Using the material that follows, output exactly the lines from the one containing "inl (user, e4)" through the one containing "expiry_field_lem fields created none", with both ends kept.

(Beginning of SOURCE INFORMATION)

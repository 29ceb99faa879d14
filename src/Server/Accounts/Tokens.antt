-- ===== src/Server/Accounts/Tokens.antt =====
-- What a new token is good for: `handleTokenCreate` of cmd/medb/handlers.go.
use medb.Base.{
  ◌≡◌, refl, ap, sym, ◌≤◌, inl, inr, ℕ, true, false, Option, Option-cases, none, some, [], ◌∷◌,
  arith, ltb, All, Bytes, bytes, bytes_eq, bytes_eq_refl, if◌then◌else◌,
}
use medb.Result.{Result, ok}
use medb.Codec.{Codec}
use medb.Db.{Db}
use medb.Collection.{set_doc, has}
use medb.Server.{Host}
use medb.Server.Roles.{valid_hex_id, valid_label}
use medb.Server.Auth.{
  User, Token, AuthStore, token_collection, get_user, get_token, parse_utc_timestamp,
  valid_user_record, valid_token_record, valid_expiry, is_live, valid_token, authenticate,
}
use medb.Server.Fields.{Checked, Checked-cases, good, Fields, optional_string_field}
use medb.Server.Fresh.{Draws, IsDraw, Drawn-cases, HostLaws, unique_token, unique_token_lem}
use medb.Server.Handlers.{read_object}
use medb.Server.Records.{RecordLaws, set_token_lem}
use medb.Server.Accounts.{
  TokenView, view_token, Answer, waits_then, created_token, write_answer, label_field, id_field,
  stored_user, expiry_field, create_token, handle_token_create,
}
use medb.Server.Accounts.Users.{write_answer_inv, label_field_lem}

module _ (h : Host) where
  id_field_lem :
      (fields : Fields) (name id : Bytes) (size : ℕ)
      → id_field h fields name size ≡ good id
      → valid_hex_id id size ≡ true
  unfolding id_field
  id_field_lem fields name id size e = ground arith

  stored_user_lem :
      (a : AuthStore) (uid : Bytes) (db : Db) (user : User)
      → stored_user h a uid db ≡ good user
      → (get_user a uid db ≡ ok user) × (valid_user_record h uid user ≡ true)
  unfolding stored_user
  stored_user_lem a uid db user e = (ground arith, ground arith)

  -- An accepted request for a token, in its parts.
  token_create_inv :
      (a : AuthStore) (c : Codec) (draws : Draws) (created : ℕ) (body : Checked Fields) (db : Db)
      (commit : ℕ) (token : Bytes) (v : TokenView)
      → (handle_token_create h a c draws created body db).0
        ≡ waits_then commit (created_token token v)
      → (fields : Fields) × (uid : Bytes) × (label : Bytes) × (user : User) × (expires_at : Option
          Bytes)
        × (valid_hex_id uid 32 ≡ true)
        × (valid_label h label ≡ true)
        × (stored_user h a uid db ≡ good user)
        × (user.disabled ≡ false)
        × (expiry_field h fields created ≡ good expires_at)
        × ((create_token h a c draws created uid label expires_at db).0
            ≡ waits_then commit (created_token token v))
        × ((handle_token_create h a c draws created body db).1
            ≡ (create_token h a c draws created uid label expires_at db).1)
  unfolding handle_token_create
  token_create_inv a c draws created body db commit token v e =
      let required = bytes "user_id" ∷ (bytes "label" ∷ []) in
      let all = bytes "user_id" ∷ (bytes "label" ∷ (bytes "expires_at" ∷ [])) in
      elim (Checked-cases (read_object all required body)) [
        | inr (f, e1) ↦ absurd (ground arith)
        | inl (fields, e1) ↦ elim (Checked-cases (id_field h fields (bytes "user_id") 32)) [
          | inr (f, e2) ↦ absurd (ground arith)
          | inl (uid, e2) ↦ elim (Checked-cases (label_field h fields (bytes "label"))) [
            | inr (f, e3) ↦ absurd (ground arith)
            | inl (label, e3) ↦ elim (Checked-cases (stored_user h a uid db)) [
              | inr (f, e4) ↦ absurd (ground arith)
              | inl (user, e4) ↦ elim (Checked-cases (expiry_field h fields created)) [
                | inr (f, e5) ↦ absurd (ground arith)
                | inl (expires_at, e5) ↦
                    let live : user.disabled ≡ false = ground arith in
                    (
                      fields,
                      uid,
                      label,
                      user,
                      expires_at,
                      id_field_lem fields (bytes "user_id") uid 32 e2,
                      label_field_lem h fields (bytes "label") label e3,
                      e4,
                      live,
                      e5,
                      ground arith,
                      ground arith,
                    )
              ]
            ]
          ]
        ]
      ]

  expiry_field_inv :
      (fields : Fields) (created : ℕ) (value : Bytes)
      → expiry_field h fields created ≡ good (some value)
      → (s : Bytes) × (t : ℕ) × (parse_utc_timestamp h s ≡ some t)
        × (ltb created t ≡ true)
        × (value ≡ h.format_time t)
  unfolding expiry_field
  expiry_field_inv fields created value e =
      elim (Checked-cases (optional_string_field h fields (bytes "expires_at"))) [
        | inr (f, e1) ↦ absurd (ground arith)
        | inl (none, e1) ↦ absurd (ground arith)
        | inl (some s, e1) ↦ elim (Option-cases (parse_utc_timestamp h s)) [
          | inl e2 ↦ absurd (ground arith)
          | inr (t, e2) ↦ (s, t, e2, ground arith, ground arith)
        ]
      ]

  module _ {a : AuthStore} {last : ℕ} (laws : HostLaws h last) (json : RecordLaws h a) where
    expiry_field_lem :
        (fields : Fields) (created : ℕ) (expires_at : Option Bytes)
        → expiry_field h fields created ≡ good expires_at
        → valid_expiry h created expires_at ≡ true
    unfolding valid_expiry
    expiry_field_lem fields created none e = refl
    expiry_field_lem fields created (some value) e =
        let (s, t, parsed, later, same) = expiry_field_inv fields created value e in
        let back = laws.parsed_back s t parsed in ground arith

    create_token_lem :
        (c : Codec) (draws : Draws) (created : ℕ) (uid label : Bytes) (expires_at : Option Bytes)
        (db : Db) (commit : ℕ) (token : Bytes) (v : TokenView)
        → All (IsDraw 32) draws
        → created ≤ last
        → valid_hex_id uid 32 ≡ true
        → valid_label h label ≡ true
        → valid_expiry h created expires_at ≡ true
        → (create_token h a c draws created uid label expires_at db).0
          ≡ waits_then commit (created_token token v)
        → (rec : Token) × (v ≡ view_token (h.digest token) rec)
          × (rec.user_id ≡ uid)
          × (valid_token h token ≡ true)
          × (has token_collection (h.digest token) db ≡ false)
          × (valid_token_record h (h.digest token) rec ≡ true)
          × ((id : Bytes)
              → get_user a id (create_token h a c draws created uid label expires_at db).1
                ≡ get_user a id db)
          × ((tid : Bytes)
              → get_token a tid (create_token h a c draws created uid label expires_at db).1
                ≡ (if bytes_eq (h.digest token) tid then ok rec else get_token a tid db))
    unfolding create_token
    create_token_lem c draws created uid label expires_at db commit token v drawn_bytes early hex
          labelled lasting e =
        elim (Drawn-cases (unique_token h draws db)) [
          | inr (inl e1) ↦ absurd (ground arith)
          | inr (inr e1) ↦ absurd (ground arith)
          | inl ((token', tid), e1) ↦
              let (form, id_same, tid_hex, free) =
                unique_token_lem h laws draws db token' tid drawn_bytes e1 in
              let time = laws.time_back created early in
              let rec : Token = record {
                user_id = uid;
                label = label;
                created_at = h.format_time created;
                expires_at = expires_at;
              } in
              let set : Result ℕ × Db = set_doc a.tokens token_collection c tid rec db in
              let answer : Answer = created_token token' (view_token tid rec) in
              let made : (write_answer answer set).0 ≡ waits_then commit (created_token token v) =
                ground arith in
              let (done, same, db') =
                write_answer_inv answer set commit (created_token token v) made in
              let valid : valid_token_record h tid rec ≡ true =
                unfold valid_token_record in ground arith in
              let (users, tokens) = set_token_lem json c db commit tid rec valid done in
              let token_same : token' ≡ token = ground arith in
              let digest_same : tid ≡ h.digest token = rw id_same (ap h.digest token_same) in
              (
                rec,
                rw (sym digest_same) (ground arith),
                refl,
                rw (sym token_same) form,
                rw (sym digest_same) free,
                rw (sym digest_same) valid,
                λ id. rw (create_token, e1, db') (users id),
                λ tid'. rw (create_token, e1, db', sym digest_same) (tokens tid'),
              )
        ]

    -- A token whose creation was accepted, at a time whose text is read back: its user was stored,
    -- valid and not disabled, and no token had its digest, under which its record is stored as the
    -- answer says. At any time before it expires it is accepted, with its user's role. Every user
    -- and every other token is as it was.
    pub handle_token_create_lem :
        (c : Codec) (draws : Draws) (created : ℕ) (body : Checked Fields) (db : Db) (commit : ℕ)
        (token : Bytes) (v : TokenView)
        → All (IsDraw 32) draws
        → created ≤ last
        → (handle_token_create h a c draws created body db).0
          ≡ waits_then commit (created_token token v)
        → (user : User) × (rec : Token) × (v ≡ view_token (h.digest token) rec)
          × (get_user a v.user_id db ≡ ok user)
          × (user.disabled ≡ false)
          × (has token_collection (h.digest token) db ≡ false)
          × ((now : ℕ)
              → is_live h now v.expires_at ≡ true
              → authenticate h a token now (handle_token_create h a c draws created body db).1
                ≡ some user.role)
          × ((id : Bytes)
              → get_user a id (handle_token_create h a c draws created body db).1
                ≡ get_user a id db)
          × ((tid : Bytes)
              → get_token a tid (handle_token_create h a c draws created body db).1
                ≡ (if bytes_eq (h.digest token) tid then ok rec else get_token a tid db))
    handle_token_create_lem c draws created body db commit token v drawn_bytes early e =
        let (fields, uid, label, user, expires_at, hex, labelled, e4, live, e5, made, db') =
          token_create_inv a c draws created body db commit token v e in
        let (found, valid_user) = stored_user_lem a uid db user e4 in
        let (rec, view, owner, form, free, valid, users, tokens) =
          create_token_lem c draws created uid label expires_at db commit token v drawn_bytes early
            hex labelled (expiry_field_lem fields created expires_at e5) made in
        let same_user = users uid in
        let same_token = tokens (h.digest token) in
        let v_user : v.user_id ≡ uid = unfold view_token in ground arith in
        let v_expiry : v.expires_at ≡ rec.expires_at = unfold view_token in ground arith in
        (
          user,
          rec,
          view,
          rw v_user found,
          live,
          free,
          λ now lasting.
              rw db' (unfold authenticate in ground (arith, bytes_eq_refl (h.digest token))),
          λ id. rw db' (users id),
          λ tid. rw db' (tokens tid),
        )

(End of SOURCE INFORMATION)

TASK ANSWER:
              | inl (user, e4) ↦ elim (Checked-cases (expiry_field h fields created)) [
                | inr (f, e5) ↦ absurd (ground arith)
                | inl (expires_at, e5) ↦
                    let live : user.disabled ≡ false = ground arith in
                    (
                      fields,
                      uid,
                      label,
                      user,
                      expires_at,
                      id_field_lem fields (bytes "user_id") uid 32 e2,
                      label_field_lem h fields (bytes "label") label e3,
                      e4,
                      live,
                      e5,
                      ground arith,
                      ground arith,
                    )
              ]
            ]
          ]
        ]
      ]

  expiry_field_inv :
      (fields : Fields) (created : ℕ) (value : Bytes)
      → expiry_field h fields created ≡ good (some value)
      → (s : Bytes) × (t : ℕ) × (parse_utc_timestamp h s ≡ some t)
        × (ltb created t ≡ true)
        × (value ≡ h.format_time t)
  unfolding expiry_field
  expiry_field_inv fields created value e =
      elim (Checked-cases (optional_string_field h fields (bytes "expires_at"))) [
        | inr (f, e1) ↦ absurd (ground arith)
        | inl (none, e1) ↦ absurd (ground arith)
        | inl (some s, e1) ↦ elim (Option-cases (parse_utc_timestamp h s)) [
          | inl e2 ↦ absurd (ground arith)
          | inr (t, e2) ↦ (s, t, e2, ground arith, ground arith)
        ]
      ]

  module _ {a : AuthStore} {last : ℕ} (laws : HostLaws h last) (json : RecordLaws h a) where
    expiry_field_lem :
        (fields : Fields) (created : ℕ) (expires_at : Option Bytes)
        → expiry_field h fields created ≡ good expires_at
        → valid_expiry h created expires_at ≡ true
    unfolding valid_expiry
    expiry_field_lem fields created none e = refl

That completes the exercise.